Enterprise AI Adoption5 min read

NEA's Tiffany Luck: AI IPOs, personal agents and ROI reckoning

NEA partner Tiffany Luck on AI IPOs, personal agents, and the tokenmaxxing-to-ROI shift in enterprise AI spend.

The Brieftide

TL;DR

  • 01NEA partner Tiffany Luck on AI IPOs, personal agents, and the tokenmaxxing-to-ROI shift in enterprise AI spend.
  • 02NEA partner Tiffany Luck laid out how the tokenmaxxing-to-ROI shift is changing enterprise AI budgets, the case for personal agents, and where value is actually being created.
  • 03She spoke with host Rebecca Bellan on the Equity podcast on Jun 17, 2026 and tied current market moves to concrete operational changes inside companies.

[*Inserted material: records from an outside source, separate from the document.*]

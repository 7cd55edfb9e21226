-- ===== src/Machine/Cell/Laws.antt =====
-- What memory accesses do where the cell is there.
use quuz.Prelude.{ℕ, ◌≡◌, ◌≢◌, ap, fun_ext, Option, none, some, arith}
use quuz.Machine.Store.{Cell, Payload, State}
use quuz.Machine.Outcome.{ok}
use quuz.Machine.Cell.{load, store, update, update_info, put, release_memory}

-- A state in which the cell at `p` is replaced.
abbrev pub with_cell : State → ℕ → Cell → State
with_cell st p c = record st { heap = update st.heap p (some c) }

module _ (st : State) (p : ℕ) {c : Cell} (holds : st.heap p ≡ some c) where
  pub load-ok : load p st ≡ ok c st
  unfolding load
  load-ok = rw (holds, load)

  pub store-ok : (d : Cell) → store p d st ≡ ok tt (with_cell st p d)
  unfolding store
  store-ok d = rw (holds, store)

  pub update_info-ok :
      (f : ℕ → ℕ) → update_info p f st ≡ ok tt (with_cell st p (record c { info = f c.info }))
  unfolding update_info
  update_info-ok f = rw load-ok (store-ok _)

  pub put-ok : (v : Payload) → put p v st ≡ ok tt (with_cell st p (record c { value = v }))
  unfolding put
  put-ok v = rw load-ok (store-ok _)

pub release_memory-ok :
    (st : State) (p : ℕ) (c : Cell)
    → st.heap p ≡ some c
    → release_memory p st ≡ ok tt (record st { heap = update st.heap p none })
unfolding release_memory
release_memory-ok st p c holds = rw (release_memory, holds)

pub with_cell_self : (st : State) (p : ℕ) (c : Cell) → (with_cell st p c).heap p ≡ some c
with_cell_self st p c = ground arith

with_cell-update :
    (h : ℕ → Option Cell) (p : ℕ) (c d : Cell) (q : ℕ)
    → update (update h p (some c)) p (some d) q ≡ update h p (some d) q
with_cell-update h p c d q = ground arith

-- Of two writes to one cell the second stays.
pub with_cell-twice :
    (st : State) (p : ℕ) (c d : Cell) → with_cell (with_cell st p c) p d ≡ with_cell st p d
with_cell-twice st p c d =
    ap (λ (h : ℕ → Option Cell). record st { heap = h }) (fun_ext (with_cell-update st.heap p c d))

module _ (h : ℕ → Option Cell) (p : ℕ) where
  pub update-other : (q : ℕ) (c : Option Cell) → q ≢ p → update h p c q ≡ h q
  update-other q c ne = ground arith

  pub update_self : (c : Option Cell) → update h p c p ≡ c
  update_self c = ground arith

-- Writing what a cell holds changes nothing.
pub with_cell_same : (st : State) (p : ℕ) (c : Cell) → st.heap p ≡ some c → with_cell st p c ≡ st
with_cell_same st p c holds =
    ap (λ (h : ℕ → Option Cell). record st { heap = h }) (fun_ext (λ q. same q))
  where
    same : (q : ℕ) → update st.heap p (some c) q ≡ st.heap q
    same q = ground (arith, holds)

NEA partner Tiffany Luck laid out how the tokenmaxxing-to-ROI shift is changing enterprise AI budgets, the case for personal agents, and where value is actually being created. She spoke with host Rebecca Bellan on the Equity podcast on Jun 17, 2026 and tied current market moves to concrete operational changes inside companies.

What changed: how did tokenmaxxing run into an ROI reckoning?

Tokenmaxxing was the hottest trend in Silicon Valley earlier this year, pushed by CEOs who encouraged employees to push AI usage as far as it would go. The bill arrived quickly: Uber reportedly blew through its annual AI budget in a few months, some companies cut Claude licenses for parts of their org, and Meta killed its internal leaderboard. Luck framed that sequence as a shift from experimentation to accountability: firms now need ways to measure return on AI spend rather than simply maximizing token consumption.

How are enterprises actually adopting AI today?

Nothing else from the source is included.